What is expected: Quote the material below exactly as written, from the first line to the line that holds "unread r = owed r.peeked ++ bytes r.inner", endpoints included.

Input:
━━━━━━━━━━━━━━━━━━━━

-- ===== src/Server/Transport/Whole.antt =====
-- What the readers of server/src/moq/transport.rs and server/src/moq/mod.rs make of a whole stream.
use webshooter.Base.{
  ℕ, zero, suc, ◌+◌, ◌≤◌, ◌<◌, ◌≡◌, refl, sym, ap, ◌∙◌, arith, List, [], ◌∷◌, ◌++◌, Option, none,
  some, length, length-append, append_assoc, append-nil,
}
use webshooter.Base.Result.{Result, ok, err}
use webshooter.Server.Transport.{Error}
use webshooter.Server.Transport.Recv.{
  QuicStream, ReadError, Outcome, pending, got, failed, Reads, outcome, read_error, WtRecvStream,
  new, with_first, read_peeked, poll_read, after_read, read_to_end, chunk_size, classified,
  classify,
}

abbrev pub owed : Option ℕ → List ℕ
owed none = []
owed (some byte) = byte ∷ []

-- The result of a stream that brings these bytes and ends so.
abbrev pub ending : Option ReadError → List ℕ → Result Error (List ℕ)
ending none bytes = ok bytes
ending (some e) bytes = err (read_error e)

module _ (q : QuicStream) where
  open q use {Stream, read, bytes, fate, waits, reads}

  abbrev pub unread : WtRecvStream q → List ℕ
  unread r = owed r.peeked ++ bytes r.inner

  -- What a read leaves to do: to wait, to read or to see the end.
  abbrev pub work : Stream → ℕ
  work s = waits s + length (bytes s)

  abbrev Whole : ℕ → Type 0
  Whole fuel =
      (s : Stream) (out : List ℕ)
      → work s < fuel
      → read_to_end q fuel (new q s) out ≡ some (ending (fate s) (out ++ bytes s))

  go_on :
      (fuel : ℕ) (s : Stream) (out : List ℕ) (r : Stream × Outcome)
      → Reads bytes fate waits chunk_size s r
      → work s < suc fuel
      → Whole fuel
      → after_read q (outcome r.1) out (read_to_end q fuel (new q r.0))
        ≡ some (ending (fate s) (out ++ bytes s))
  unfolding after_read outcome
  go_on fuel s out (s', pending) h small ih =
      ih s' out (ground (arith, h.0, ap (length {A = ℕ}) h.0))
      ∙ ap (λ e. some e)
          (ap (λ f. ending f (out ++ bytes s')) h.1 ∙ ap (λ b. ending (fate s) (out ++ b)) h.0)
  go_on fuel s out (s', got []) h small ih =
      rw (h.0, h.1) (ap (λ l. some (ok l)) (sym (append-nil out)))
  go_on fuel s out (s', got (b ∷ bs)) h small ih =
      ih s' (out ++ b ∷ bs) (ground (arith, ap (length {A = ℕ}) h.0, length-append bs (bytes s')))
      ∙ ap (λ e. some e)
          (ap (λ f. ending f ((out ++ b ∷ bs) ++ bytes s')) h.1
            ∙ ap (ending (fate s))
                (append_assoc out (b ∷ bs) (bytes s') ∙ ap (λ l. out ++ l) (sym h.0)))
  go_on fuel s out (s', failed e) h small ih = rw h.1 refl

  read_to_end-new : (fuel : ℕ) → Whole fuel
  unfolding read_to_end poll_read read_peeked
  read_to_end-new zero s out small = absurd (omega arith)
  read_to_end-new (suc fuel) s out small =
      go_on fuel s out (read chunk_size s) (reads chunk_size s (omega arith)) small
        (read_to_end-new fuel)

  -- With fuel for every byte and every wait, a stream is read to its end, also one whose first byte
  -- was read before: the result is all its bytes, that byte first, or the error that it ends with.
  pub read_to_end-whole :
      (r : WtRecvStream q) (fuel : ℕ)
      → work r.inner + 1 < fuel
      → read_to_end q fuel r [] ≡ some (ending (fate r.inner) (unread r))
  unfolding read_to_end poll_read read_peeked after_read
  read_to_end-whole r fuel small = by_peeked fuel r.peeked refl small
    where
      by_peeked :
          (n : ℕ) (p : Option ℕ)
          → r.peeked ≡ p
          → work r.inner + 1 < n
          → read_to_end q n (record { inner = r.inner; peeked = p }) []
            ≡ some (ending (fate r.inner) (owed p ++ bytes r.inner))
      by_peeked n none e h = read_to_end-new n r.inner [] (omega arith)
      by_peeked zero (some byte) e h = absurd (omega arith)
      by_peeked (suc n) (some byte) e h = read_to_end-new n r.inner (byte ∷ []) (omega arith)

  abbrev pub Named : Stream → Option (Result Error (ℕ × WtRecvStream q)) → Type 0
  Named s o =
      (b : ℕ) × (r : WtRecvStream q) × (o ≡ some (ok (b, r)))
      × (unread r ≡ bytes s)
      × (fate r.inner ≡ fate s)
      × (work r.inner ≤ work s)
      × (r.peeked ≡ some b)

  Named-after :
      (fuel : ℕ) (s : Stream) (r : Stream × Outcome)
      → Reads bytes fate waits 1 s r
      → 1 ≤ length (bytes s)
      → waits s < suc fuel
      → ((u : Stream) → 1 ≤ length (bytes u) → waits u < fuel → Named u (classify q fuel u))
      → Named s (classified q r.0 r.1 (classify q fuel r.0))
  unfolding classified
  Named-after fuel s (s', pending) h some_byte small ih =
      let more : 1 ≤ length (bytes s') = rw h.0 some_byte in
      let n = ih s' more (omega arith) in
      (n.0, n.1, n.2, n.3 ∙ h.0, n.4 ∙ h.1, omega (arith, ap (length {A = ℕ}) h.0, n.5, h.2), n.6)
  Named-after fuel s (s', got []) h some_byte small ih =
      absurd (omega (arith, ap (length {A = ℕ}) h.0))
  Named-after fuel s (s', got (b ∷ [])) h some_byte small ih =
      (b, with_first q s' b, refl, sym h.0, h.1, omega (arith, ap (length {A = ℕ}) h.0, h.2), refl)
  Named-after fuel s (s', got (b ∷ c ∷ bs)) h some_byte small ih = absurd (omega (arith, h.3))
  Named-after fuel s (s', failed e) h some_byte small ih =
      absurd (omega (arith, ap (length {A = ℕ}) h.0))

  -- Polled often enough, `classify` names a stream that has a byte by its first one, and hands the
  -- stream on with all its bytes still to be read.
  pub classify-whole :
      (fuel : ℕ) (s : Stream) → 1 ≤ length (bytes s) → waits s < fuel → Named s (classify q fuel s)
  unfolding classify
  classify-whole zero s some_byte small = absurd (omega arith)
  classify-whole (suc fuel) s some_byte small =
      Named-after fuel s (read 1 s) (reads 1 s (omega arith)) some_byte small (classify-whole fuel)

━━━━━━━━━━━━━━━━━━━━

Exercise response:
-- ===== src/Server/Transport/Whole.antt =====
-- What the readers of server/src/moq/transport.rs and server/src/moq/mod.rs make of a whole stream.
use webshooter.Base.{
  ℕ, zero, suc, ◌+◌, ◌≤◌, ◌<◌, ◌≡◌, refl, sym, ap, ◌∙◌, arith, List, [], ◌∷◌, ◌++◌, Option, none,
  some, length, length-append, append_assoc, append-nil,
}
use webshooter.Base.Result.{Result, ok, err}
use webshooter.Server.Transport.{Error}
use webshooter.Server.Transport.Recv.{
  QuicStream, ReadError, Outcome, pending, got, failed, Reads, outcome, read_error, WtRecvStream,
  new, with_first, read_peeked, poll_read, after_read, read_to_end, chunk_size, classified,
  classify,
}

abbrev pub owed : Option ℕ → List ℕ
owed none = []
owed (some byte) = byte ∷ []

-- The result of a stream that brings these bytes and ends so.
abbrev pub ending : Option ReadError → List ℕ → Result Error (List ℕ)
ending none bytes = ok bytes
ending (some e) bytes = err (read_error e)

module _ (q : QuicStream) where
  open q use {Stream, read, bytes, fate, waits, reads}

  abbrev pub unread : WtRecvStream q → List ℕ
  unread r = owed r.peeked ++ bytes r.inner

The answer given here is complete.